The extraordinary decision comes after the community's rabbi David Mitchell agreed to take time away from the shul over bullying allegations

West London Synagogue
West London Synagogue

Reform Judaism’s flagship shul West London Synagogue has suspended its membership to the movement in the wake of “recent events.”

The extraordinary decision comes after the community’s rabbi David Mitchell, 40, agreed last month to take time away from the shul over bullying allegations.

Rabbi Mitchell, who denies accusations of bullying and inappropriate behaviour, is set to replace Julia Neuberger as senior rabbi when she retires in March.

West London Synagogue chair Mark Fox and member Madeline Young have stepped down as trustees of Reform Judaism.

“We regret having to take this decision but have done so in order that we – as a synagogue and independent charity – can focus our attention on the recent events at West London without external distractions or pressures,” read a letter from the community’s president and board to the movement on Thursday.

“We, as the synagogue’s leadership, are handling these internal matters in a sensitive and responsible way, in line with our own governance code and our community’s values,” it said about the allegations.

Rabbi Mitchell’s decision to take time away from the shul “coincides with an independent review, instigated by the board, relating to complaints received by the synagogue following the announcement of Rabbi Julia’s successors as co-senior rabbi.”

“These complaints are being taken extremely seriously and, as is right and proper, a formal and impartial process has now been put in place to consider the issues raised,” the letter states.

The letter criticises previous statements made by Reform Judaism in December and January “about matters relating to our synagogue without consultation.”

“It is vitally important that we are able to deal with this matter in way that is independent of conversations happening in the community around new codes of ethics, conversations which we believe to be unconnected and unhelpful to our particular situation,” the letter states.

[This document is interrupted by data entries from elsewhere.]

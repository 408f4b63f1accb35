-- ===== src/Parser/Multipart/Lines.antt =====
-- webcc/request_parser.cc: `GetNextBoundaryLine` on data of several lines in front of a boundary.
use devops_workshop.Http.Globals.{crlf}
use devops_workshop.Parser.Multipart.{
  boundary_at, same_prefix, sets_end, is_boundary, scan_round, scan, get_next_boundary_line,
}
use devops_workshop.Parser.Multipart.Boundary.{
  inner_line, closing-Lacks, closing_line, closing_dashed, closing_longer, closing_length,
  closing_sets_end, found_at, scan-inner,
}
use devops_workshop.Prelude.{
  ℕ, suc, ◌+◌, ◌-◌, ◌≤◌, ◌≡◌, refl, sym, ap, ◌∙◌, Bool, true, false, some, List, [], ◌∷◌, ◌++◌,
  append_assoc, append-nil, arith, length, length-append, All,
}
use devops_workshop.Bytes.{Text, Lacks, codes, next_line, next_line_lem, next_line-append}

abbrev pub marker : Bool → Text → Text
marker true boundary = closing_line boundary
marker false boundary = inner_line boundary

-- lines, each with its line break
abbrev pub lines_text : List Text → Text
lines_text [] = []
lines_text (l ∷ ls) = l ++ 13 ∷ 10 ∷ lines_text ls

-- A line that can stand in the data of a part: it holds no line break, and it is no boundary line
-- and does not have the form of a closing one.
pub record IsInside (boundary line : Text) : Type 0 where
  pub one_line : next_line (line ++ crlf) ≡ some (line, [])
  pub no_boundary : is_boundary boundary line ≡ false
  pub no_end : sets_end boundary line ≡ false

same_prefix-append : (a b : Text) → same_prefix a (a ++ b) ≡ true
unfolding same_prefix
same_prefix-append [] b = refl
same_prefix-append (x ∷ a) b = ground (arith, same_prefix-append a b)

closing_is_boundary : (b : Text) → is_boundary b (closing_line b) ≡ true
unfolding is_boundary
closing_is_boundary b =
    rw (closing_longer b, closing_length b, closing_dashed b, same_prefix-append b (codes "--"))
      refl

-- A line inside the data is skipped.
scan-inside :
    (fuel : ℕ) (boundary before line rest : Text)
    → IsInside boundary line
    → scan (suc fuel) boundary before (line ++ 13 ∷ 10 ∷ rest) false
      ≡ scan fuel boundary (before ++ (line ++ crlf)) rest false
unfolding scan
scan-inside fuel boundary before line rest i =
    ap (λ o. scan_round (λ b r d. scan fuel boundary b r d) boundary o before false)
      (ap next_line (sym (append_assoc line crlf rest))
        ∙ next_line-append (line ++ crlf) rest i.one_line)
    ∙ skip line i
  where
    skip :
        (l : Text)
        → IsInside boundary l
        → scan_round (λ b r d. scan fuel boundary b r d) boundary (some (l, rest)) before false
          ≡ scan fuel boundary (before ++ (l ++ crlf)) rest false
    skip [] i = refl
    skip (c ∷ l) i = rw (i.no_boundary, i.no_end) refl

scan-marker :
    (fuel : ℕ) (boundary before rest : Text) (last : Bool)
    → Lacks 13 boundary
    → scan (suc fuel) boundary before (marker last boundary ++ (13 ∷ 10 ∷ rest)) false
      ≡ boundary_at (found_at before rest last)
unfolding scan
scan-marker fuel boundary before rest false l = scan-inner fuel boundary before rest false l
scan-marker fuel boundary before rest true l =
    ap (λ o. scan_round (λ b r d. scan fuel boundary b r d) boundary o before false)
      (next_line_lem (closing_line boundary) rest (closing-Lacks boundary l))
    ∙ rw (closing_is_boundary boundary, closing_sets_end boundary) refl

-- one round for each line, and more
abbrev rounds : List Text → ℕ → ℕ
rounds [] n = n
rounds (x ∷ xs) n = suc (rounds xs n)

rounds_lem : (lines : List Text) (n : ℕ) → rounds lines n ≡ length lines + n
rounds_lem [] n = omega arith
rounds_lem (x ∷ xs) n = omega (arith, rounds_lem xs n)

scan-lines :
    (lines : List Text) (fuel : ℕ) (boundary before rest : Text) (last : Bool)
    → Lacks 13 boundary
    → All (IsInside boundary) lines
    → scan
        (rounds lines (suc fuel))
        boundary
        before
        (lines_text lines ++ (marker last boundary ++ (13 ∷ 10 ∷ rest)))
        false
      ≡ boundary_at (found_at (before ++ lines_text lines) rest last)
scan-lines [] fuel boundary before rest last l a =
    scan-marker fuel boundary before rest last l
    ∙ ap (λ t. boundary_at (found_at t rest last)) (sym (append-nil before))
scan-lines (x ∷ xs) fuel boundary before rest last l a =
    let tail = marker last boundary ++ (13 ∷ 10 ∷ rest) in
    ap (λ t. scan (suc (rounds xs (suc fuel))) boundary before t false)
      (append_assoc x (13 ∷ 10 ∷ lines_text xs) tail)
    ∙ scan-inside (rounds xs (suc fuel)) boundary before x (lines_text xs ++ tail) a.0
    ∙ scan-lines xs fuel boundary (before ++ (x ++ crlf)) rest last l a.1
    ∙ ap (λ t. boundary_at (found_at t rest last))
        (append_assoc before (x ++ crlf) (lines_text xs)
          ∙ ap (λ t. before ++ t) (append_assoc x crlf (lines_text xs)))

length-lines_text : (lines : List Text) → length lines ≤ length (lines_text lines)
length-lines_text [] = omega arith
length-lines_text (x ∷ xs) =
    omega (arith, length-lines_text xs, length-append x (13 ∷ 10 ∷ lines_text xs))

-- Data whose lines are inside it, in front of a boundary line: the boundary is found behind the data,
-- and is taken for the closing one if it is.
pub get_next_boundary_line-lines :
    (lines : List Text) (boundary rest : Text) (last : Bool)
    → Lacks 13 boundary
    → All (IsInside boundary) lines
    → get_next_boundary_line boundary
        (lines_text lines ++ (marker last boundary ++ (13 ∷ 10 ∷ rest)))
      ≡ boundary_at (found_at (lines_text lines) rest last)
unfolding get_next_boundary_line
get_next_boundary_line-lines lines boundary rest last l a =
    let all = lines_text lines ++ (marker last boundary ++ (13 ∷ 10 ∷ rest)) in
    let enough : suc (length all) ≡ rounds lines (suc (length all - length lines)) = omega (
      arith,
      rounds_lem lines (suc (length all - length lines)),
      length-lines_text lines,
      length-append (lines_text lines) (marker last boundary ++ (13 ∷ 10 ∷ rest)),
    ) in
    ap (λ n. scan n boundary [] all false) enough
    ∙ scan-lines lines (length all - length lines) boundary [] rest last l a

Reform Judaism pledged last month to roll out new guidelines across the movement and cited concerns about media reports of “safeguarding and employment practices at West London Synagogue.”

A statement from the Reform Judaism board of trustees on Friday read: “Our mission is to support all Reform Judaism communities and we are committed to a unified and growing national Reform Jewish movement.

“We are therefore disappointed that the President and Board of West London Synagogue, a constituent member of Reform Judaism, have stated their intention to suspend the synagogue’s membership. We are giving our full attention to a considered and proper response directly to the community.”